*** Begin section ***

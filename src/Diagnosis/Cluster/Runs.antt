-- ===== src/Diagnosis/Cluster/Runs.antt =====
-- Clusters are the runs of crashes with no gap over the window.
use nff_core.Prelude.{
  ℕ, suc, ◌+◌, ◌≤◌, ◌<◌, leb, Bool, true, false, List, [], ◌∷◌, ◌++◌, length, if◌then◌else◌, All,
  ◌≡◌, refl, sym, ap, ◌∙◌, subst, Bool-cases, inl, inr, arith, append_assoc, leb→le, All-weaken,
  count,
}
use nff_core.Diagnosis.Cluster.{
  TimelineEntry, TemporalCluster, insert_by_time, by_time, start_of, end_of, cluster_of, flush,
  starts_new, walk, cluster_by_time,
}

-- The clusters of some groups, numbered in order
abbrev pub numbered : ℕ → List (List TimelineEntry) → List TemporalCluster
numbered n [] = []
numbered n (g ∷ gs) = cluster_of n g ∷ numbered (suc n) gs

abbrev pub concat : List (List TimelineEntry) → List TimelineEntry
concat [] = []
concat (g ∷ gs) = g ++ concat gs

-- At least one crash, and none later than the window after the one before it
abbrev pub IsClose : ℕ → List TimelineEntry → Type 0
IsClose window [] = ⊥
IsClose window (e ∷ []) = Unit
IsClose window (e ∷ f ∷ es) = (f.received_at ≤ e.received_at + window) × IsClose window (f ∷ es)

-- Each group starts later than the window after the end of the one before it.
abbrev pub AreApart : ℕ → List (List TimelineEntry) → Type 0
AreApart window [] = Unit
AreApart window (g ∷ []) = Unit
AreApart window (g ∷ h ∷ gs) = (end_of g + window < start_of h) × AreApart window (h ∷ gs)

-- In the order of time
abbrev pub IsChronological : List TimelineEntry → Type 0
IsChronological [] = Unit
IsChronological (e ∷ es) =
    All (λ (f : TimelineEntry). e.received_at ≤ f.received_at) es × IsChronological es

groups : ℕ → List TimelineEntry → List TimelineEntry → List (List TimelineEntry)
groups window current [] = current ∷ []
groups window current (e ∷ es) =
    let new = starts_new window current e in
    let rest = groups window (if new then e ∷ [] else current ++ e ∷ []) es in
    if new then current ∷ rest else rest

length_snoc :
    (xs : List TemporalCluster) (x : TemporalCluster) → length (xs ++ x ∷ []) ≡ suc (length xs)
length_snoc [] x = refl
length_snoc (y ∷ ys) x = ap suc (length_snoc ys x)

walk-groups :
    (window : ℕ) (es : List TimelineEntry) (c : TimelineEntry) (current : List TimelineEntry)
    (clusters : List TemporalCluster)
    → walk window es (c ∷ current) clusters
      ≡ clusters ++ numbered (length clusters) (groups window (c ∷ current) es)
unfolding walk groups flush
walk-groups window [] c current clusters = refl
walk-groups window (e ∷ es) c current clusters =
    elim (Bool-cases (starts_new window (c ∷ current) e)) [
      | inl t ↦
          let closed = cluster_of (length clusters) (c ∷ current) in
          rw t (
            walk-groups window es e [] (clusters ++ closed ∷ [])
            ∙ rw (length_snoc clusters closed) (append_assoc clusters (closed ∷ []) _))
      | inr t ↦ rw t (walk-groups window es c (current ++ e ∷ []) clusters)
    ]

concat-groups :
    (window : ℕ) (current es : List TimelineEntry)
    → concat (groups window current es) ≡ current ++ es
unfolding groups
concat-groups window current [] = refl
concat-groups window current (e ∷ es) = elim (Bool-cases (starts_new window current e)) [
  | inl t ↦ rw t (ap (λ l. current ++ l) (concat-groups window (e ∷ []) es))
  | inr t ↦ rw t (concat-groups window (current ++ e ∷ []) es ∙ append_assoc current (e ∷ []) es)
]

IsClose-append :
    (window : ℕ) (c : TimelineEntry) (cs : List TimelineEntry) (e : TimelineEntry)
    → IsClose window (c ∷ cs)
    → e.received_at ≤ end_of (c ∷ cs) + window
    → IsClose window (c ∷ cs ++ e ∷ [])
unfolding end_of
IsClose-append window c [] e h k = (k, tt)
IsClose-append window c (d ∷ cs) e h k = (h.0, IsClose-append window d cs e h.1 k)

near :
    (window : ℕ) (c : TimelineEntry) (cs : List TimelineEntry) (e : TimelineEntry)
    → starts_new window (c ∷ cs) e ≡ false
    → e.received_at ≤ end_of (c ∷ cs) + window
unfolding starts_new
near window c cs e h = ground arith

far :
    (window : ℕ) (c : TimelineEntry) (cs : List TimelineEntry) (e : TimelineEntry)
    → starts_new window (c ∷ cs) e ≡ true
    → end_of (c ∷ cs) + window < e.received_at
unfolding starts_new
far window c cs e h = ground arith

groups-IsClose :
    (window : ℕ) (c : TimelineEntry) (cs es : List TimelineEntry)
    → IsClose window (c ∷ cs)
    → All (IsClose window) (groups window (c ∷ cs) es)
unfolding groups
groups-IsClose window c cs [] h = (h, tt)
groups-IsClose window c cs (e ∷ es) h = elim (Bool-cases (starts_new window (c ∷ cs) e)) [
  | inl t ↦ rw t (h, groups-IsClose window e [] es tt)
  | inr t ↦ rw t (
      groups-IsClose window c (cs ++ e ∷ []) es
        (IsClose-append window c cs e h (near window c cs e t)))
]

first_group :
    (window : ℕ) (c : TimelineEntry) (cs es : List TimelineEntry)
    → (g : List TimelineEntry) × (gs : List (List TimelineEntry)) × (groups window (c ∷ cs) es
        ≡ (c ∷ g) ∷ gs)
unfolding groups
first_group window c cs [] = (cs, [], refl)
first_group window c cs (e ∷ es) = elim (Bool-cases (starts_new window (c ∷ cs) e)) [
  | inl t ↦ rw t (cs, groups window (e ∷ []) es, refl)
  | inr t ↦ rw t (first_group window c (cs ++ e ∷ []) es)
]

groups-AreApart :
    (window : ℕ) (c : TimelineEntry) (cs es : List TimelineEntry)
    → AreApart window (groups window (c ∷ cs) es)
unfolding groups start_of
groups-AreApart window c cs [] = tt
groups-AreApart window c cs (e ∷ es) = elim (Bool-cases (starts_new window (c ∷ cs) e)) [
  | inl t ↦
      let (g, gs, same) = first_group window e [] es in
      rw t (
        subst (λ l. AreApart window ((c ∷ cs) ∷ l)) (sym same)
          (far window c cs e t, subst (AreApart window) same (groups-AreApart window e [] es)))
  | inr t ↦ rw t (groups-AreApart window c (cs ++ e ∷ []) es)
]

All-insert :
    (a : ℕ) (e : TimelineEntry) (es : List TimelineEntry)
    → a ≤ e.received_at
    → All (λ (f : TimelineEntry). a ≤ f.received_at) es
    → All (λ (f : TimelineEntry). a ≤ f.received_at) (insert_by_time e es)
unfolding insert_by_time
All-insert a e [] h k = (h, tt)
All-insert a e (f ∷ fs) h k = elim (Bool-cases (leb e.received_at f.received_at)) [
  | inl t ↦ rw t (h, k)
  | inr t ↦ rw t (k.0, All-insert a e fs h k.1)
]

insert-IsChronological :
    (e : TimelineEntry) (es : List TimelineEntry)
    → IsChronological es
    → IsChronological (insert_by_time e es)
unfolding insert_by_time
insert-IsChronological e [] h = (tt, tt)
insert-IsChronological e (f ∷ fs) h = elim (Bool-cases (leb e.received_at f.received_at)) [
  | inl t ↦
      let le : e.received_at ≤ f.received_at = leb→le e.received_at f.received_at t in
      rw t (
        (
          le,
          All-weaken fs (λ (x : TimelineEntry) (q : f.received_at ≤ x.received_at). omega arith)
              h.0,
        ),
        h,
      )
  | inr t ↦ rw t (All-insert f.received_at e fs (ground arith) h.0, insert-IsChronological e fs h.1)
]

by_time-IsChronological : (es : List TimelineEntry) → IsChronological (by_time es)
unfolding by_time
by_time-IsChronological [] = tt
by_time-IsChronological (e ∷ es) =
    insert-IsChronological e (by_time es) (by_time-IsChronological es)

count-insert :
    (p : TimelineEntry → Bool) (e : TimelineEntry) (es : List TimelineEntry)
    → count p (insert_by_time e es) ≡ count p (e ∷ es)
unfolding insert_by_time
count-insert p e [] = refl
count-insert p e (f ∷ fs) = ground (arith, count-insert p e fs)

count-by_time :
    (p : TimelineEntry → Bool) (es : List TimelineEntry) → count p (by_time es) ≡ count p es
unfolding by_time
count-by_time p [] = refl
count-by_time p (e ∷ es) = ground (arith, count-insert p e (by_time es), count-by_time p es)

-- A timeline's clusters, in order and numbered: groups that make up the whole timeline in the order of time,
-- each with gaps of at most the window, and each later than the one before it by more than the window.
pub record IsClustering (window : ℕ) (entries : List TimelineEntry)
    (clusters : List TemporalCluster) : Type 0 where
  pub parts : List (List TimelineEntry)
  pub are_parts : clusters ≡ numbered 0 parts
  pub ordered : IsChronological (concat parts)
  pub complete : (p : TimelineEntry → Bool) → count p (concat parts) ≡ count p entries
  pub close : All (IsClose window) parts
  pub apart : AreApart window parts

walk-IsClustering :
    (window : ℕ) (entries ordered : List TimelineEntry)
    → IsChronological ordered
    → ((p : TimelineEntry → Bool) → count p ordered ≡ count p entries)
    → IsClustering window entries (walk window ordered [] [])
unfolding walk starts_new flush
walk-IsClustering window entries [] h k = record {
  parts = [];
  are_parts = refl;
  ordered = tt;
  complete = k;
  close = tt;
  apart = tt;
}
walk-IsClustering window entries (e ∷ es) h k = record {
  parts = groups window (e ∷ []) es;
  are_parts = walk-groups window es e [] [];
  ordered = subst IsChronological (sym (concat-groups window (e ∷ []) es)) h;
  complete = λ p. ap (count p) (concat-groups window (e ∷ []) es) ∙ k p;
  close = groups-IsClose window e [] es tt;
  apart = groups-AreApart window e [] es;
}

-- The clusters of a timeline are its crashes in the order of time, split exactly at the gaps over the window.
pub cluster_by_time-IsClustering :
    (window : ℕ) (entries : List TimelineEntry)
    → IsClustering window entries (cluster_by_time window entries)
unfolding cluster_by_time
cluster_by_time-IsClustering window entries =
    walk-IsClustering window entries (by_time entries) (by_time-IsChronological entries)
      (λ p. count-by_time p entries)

*** End section ***

• [ASSIGNMENT] Copy out only the lines of the records above from the one with "-- Clusters are" through the one with "-- In the order of time", exactly as they stand, both included.

• [REPLY TO THE EXERCISE]
-- Clusters are the runs of crashes with no gap over the window.
use nff_core.Prelude.{
  ℕ, suc, ◌+◌, ◌≤◌, ◌<◌, leb, Bool, true, false, List, [], ◌∷◌, ◌++◌, length, if◌then◌else◌, All,
  ◌≡◌, refl, sym, ap, ◌∙◌, subst, Bool-cases, inl, inr, arith, append_assoc, leb→le, All-weaken,
  count,
}
use nff_core.Diagnosis.Cluster.{
  TimelineEntry, TemporalCluster, insert_by_time, by_time, start_of, end_of, cluster_of, flush,
  starts_new, walk, cluster_by_time,
}

-- The clusters of some groups, numbered in order
abbrev pub numbered : ℕ → List (List TimelineEntry) → List TemporalCluster
numbered n [] = []
numbered n (g ∷ gs) = cluster_of n g ∷ numbered (suc n) gs

abbrev pub concat : List (List TimelineEntry) → List TimelineEntry
concat [] = []
concat (g ∷ gs) = g ++ concat gs

-- At least one crash, and none later than the window after the one before it
abbrev pub IsClose : ℕ → List TimelineEntry → Type 0
IsClose window [] = ⊥
IsClose window (e ∷ []) = Unit
IsClose window (e ∷ f ∷ es) = (f.received_at ≤ e.received_at + window) × IsClose window (f ∷ es)

-- Each group starts later than the window after the end of the one before it.
abbrev pub AreApart : ℕ → List (List TimelineEntry) → Type 0
AreApart window [] = Unit
AreApart window (g ∷ []) = Unit
AreApart window (g ∷ h ∷ gs) = (end_of g + window < start_of h) × AreApart window (h ∷ gs)

-- In the order of time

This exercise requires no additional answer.